Task prompt → Those lines of the records that contain "unfolding" are to be located and copied.

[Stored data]
━━━━━━━━━━━━━━━━━━━━
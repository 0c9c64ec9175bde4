-- ===== src/Script/Walk/Counts.antt =====
-- The counts of signature operations, and the pushes that count as canonical.
use tetra.Prelude.{
  ◌⊎◌, ◌≢◌, ℕ, zero, suc, ◌*◌, ◌^◌, ◌≤◌, ◌<◌, ◌≡◌, refl, ◌∙◌, true, false, List, [], ◌∷◌, ◌++◌,
  some, arith, length, All, get_or, Option-cases, inl, inr,
}
use tetra.Script.Opcode.{Opcode, op_n, value, opcode_of-op_n}
use tetra.Script.Parse.{get_op, push_data, push_all}
use tetra.Script.Parse.Laws.{
  get_op_takes, get_op_byte, get_op-push_data, push_opcode, push_data-cons, length-push_data,
}
use tetra.Script.Walk.{
  is_canonical_push, canonical_pushes_loop, has_canonical_pushes, multisig_ops, sig_ops,
  sig_op_loop, get_sig_op_count,
}

-- An opcode that counts for at most 20 keys in front of CHECKMULTISIG.
abbrev Modest : Opcode → Type 0
Modest o = multisig_ops true o ≤ 20

Modest-op_n : (o : Opcode) → ((k : ℕ) → o ≡ op_n k → k ≤ 16) → Modest o
unfolding multisig_ops
Modest-op_n (op_n k) h = omega (arith, h k refl)
Modest-op_n _ h = omega arith

get_op-Modest :
    (b : ℕ) (pc : List ℕ) (o : Opcode) (d rest : List ℕ)
    → get_op (b ∷ pc) ≡ some (o, d, rest)
    → Modest o
get_op-Modest b pc o d rest read =
    Modest-op_n o (λ k e. opcode_of-op_n b k (cc (get_op_byte b pc o d rest read)))

sig_ops_bounds :
    (last o : Opcode)
    → Modest last
    → (sig_ops true last o ≤ sig_ops false last o) × (sig_ops false last o ≤ 20)
unfolding sig_ops multisig_ops
sig_ops_bounds last Opcode.op_checkmultisig h = ground arith
sig_ops_bounds last Opcode.op_checkmultisigverify h = ground arith
sig_ops_bounds last _ h = (omega arith, omega arith)

sig_op_loop_bounds :
    (fuel : ℕ) (last : Opcode) (s : List ℕ)
    → Modest last
    → (sig_op_loop fuel true last s ≤ sig_op_loop fuel false last s)
      × (sig_op_loop fuel false last s ≤ 20 * length s)
unfolding sig_op_loop
sig_op_loop_bounds fuel last [] h = (omega arith, omega arith)
sig_op_loop_bounds zero last (b ∷ pc) h = (omega arith, omega arith)
sig_op_loop_bounds (suc fuel) last (b ∷ pc) h = elim (Option-cases (get_op (b ∷ pc))) [
  | inl bad ↦ rw (bad, sig_op_loop) (omega arith, omega arith)
  | inr ((o, d, rest), read) ↦
      let (le, most) = sig_op_loop_bounds fuel o rest (get_op-Modest b pc o d rest read) in
      let (one_le, one_most) = sig_ops_bounds last o h in
      let shorter = get_op_takes (b ∷ pc) o d rest read in
      rw (read, sig_op_loop) (omega arith, omega arith)
]

-- GetSigOpCount never counts more when it is accurate, and at most 20 operations for a byte of the
-- script.
pub get_sig_op_count_bounds :
    (s : List ℕ)
    → (get_sig_op_count true s ≤ get_sig_op_count false s)
      × (get_sig_op_count false s ≤ 20 * length s)
unfolding get_sig_op_count multisig_ops
get_sig_op_count_bounds s = sig_op_loop_bounds (length s) Opcode.op_invalidopcode s (omega arith)

-- A push that has no shorter form: not a single byte that `OP_N` stands for.
abbrev pub HasNoOpcode : List ℕ → Type 0
HasNoOpcode d = (length d < 2 ^ 32) × ((length d ≢ 1) ⊎ (16 < get_or d 0 0))

is_canonical_push-push :
    (d : List ℕ) → HasNoOpcode d → is_canonical_push (push_opcode (length d)) d ≡ true
unfolding is_canonical_push value
is_canonical_push-push d (small, big) = ground (arith, big)

canonical_loop-round :
    (fuel b : ℕ) (pc : List ℕ) (o : Opcode) (d rest : List ℕ)
    → get_op (b ∷ pc) ≡ some (o, d, rest)
    → is_canonical_push o d ≡ true
    → canonical_pushes_loop (suc fuel) (b ∷ pc) ≡ canonical_pushes_loop fuel rest
unfolding canonical_pushes_loop
canonical_loop-round fuel b pc o d rest read fine = rw (read, canonical_pushes_loop) (rw fine)

canonical_loop-push :
    (fuel : ℕ) (d rest : List ℕ)
    → HasNoOpcode d
    → canonical_pushes_loop (suc fuel) (push_data [] d ++ rest) ≡ canonical_pushes_loop fuel rest
canonical_loop-push fuel d rest h =
    let (b, tail, shape) = push_data-cons d rest h.0 in
    let read = get_op-push_data d rest h.0 in
    rw shape
      (canonical_loop-round fuel b tail _ d rest (rw shape at read) (is_canonical_push-push d h))

canonical_loop-push_all :
    (fuel : ℕ) (ds : List (List ℕ))
    → length (push_all ds) ≤ fuel
    → All HasNoOpcode ds
    → canonical_pushes_loop fuel (push_all ds) ≡ true
unfolding push_all canonical_pushes_loop
canonical_loop-push_all fuel [] enough h = refl
canonical_loop-push_all zero (d ∷ ds) enough h =
    absurd (omega (arith, length-push_data d (push_all ds) h.0.0))
canonical_loop-push_all (suc fuel) (d ∷ ds) enough h =
    canonical_loop-push fuel d (push_all ds) h.0
    ∙ canonical_loop-push_all fuel ds (omega (arith, length-push_data d (push_all ds) h.0.0)) h.1

-- HasCanonicalPushes accepts what operator<< writes for items shorter than 2^32 bytes that no OP_N
-- stands for.
has_canonical_pushes-push_all :
    (ds : List (List ℕ)) → All HasNoOpcode ds → has_canonical_pushes (push_all ds) ≡ true
unfolding has_canonical_pushes
has_canonical_pushes-push_all ds h = canonical_loop-push_all _ ds (omega arith) h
━━━━━━━━━━━━━━━━━━━━
Answer to the exercise →
unfolding multisig_ops
unfolding sig_ops multisig_ops
unfolding sig_op_loop
unfolding get_sig_op_count multisig_ops
unfolding is_canonical_push value
unfolding canonical_pushes_loop
unfolding push_all canonical_pushes_loop
unfolding has_canonical_pushes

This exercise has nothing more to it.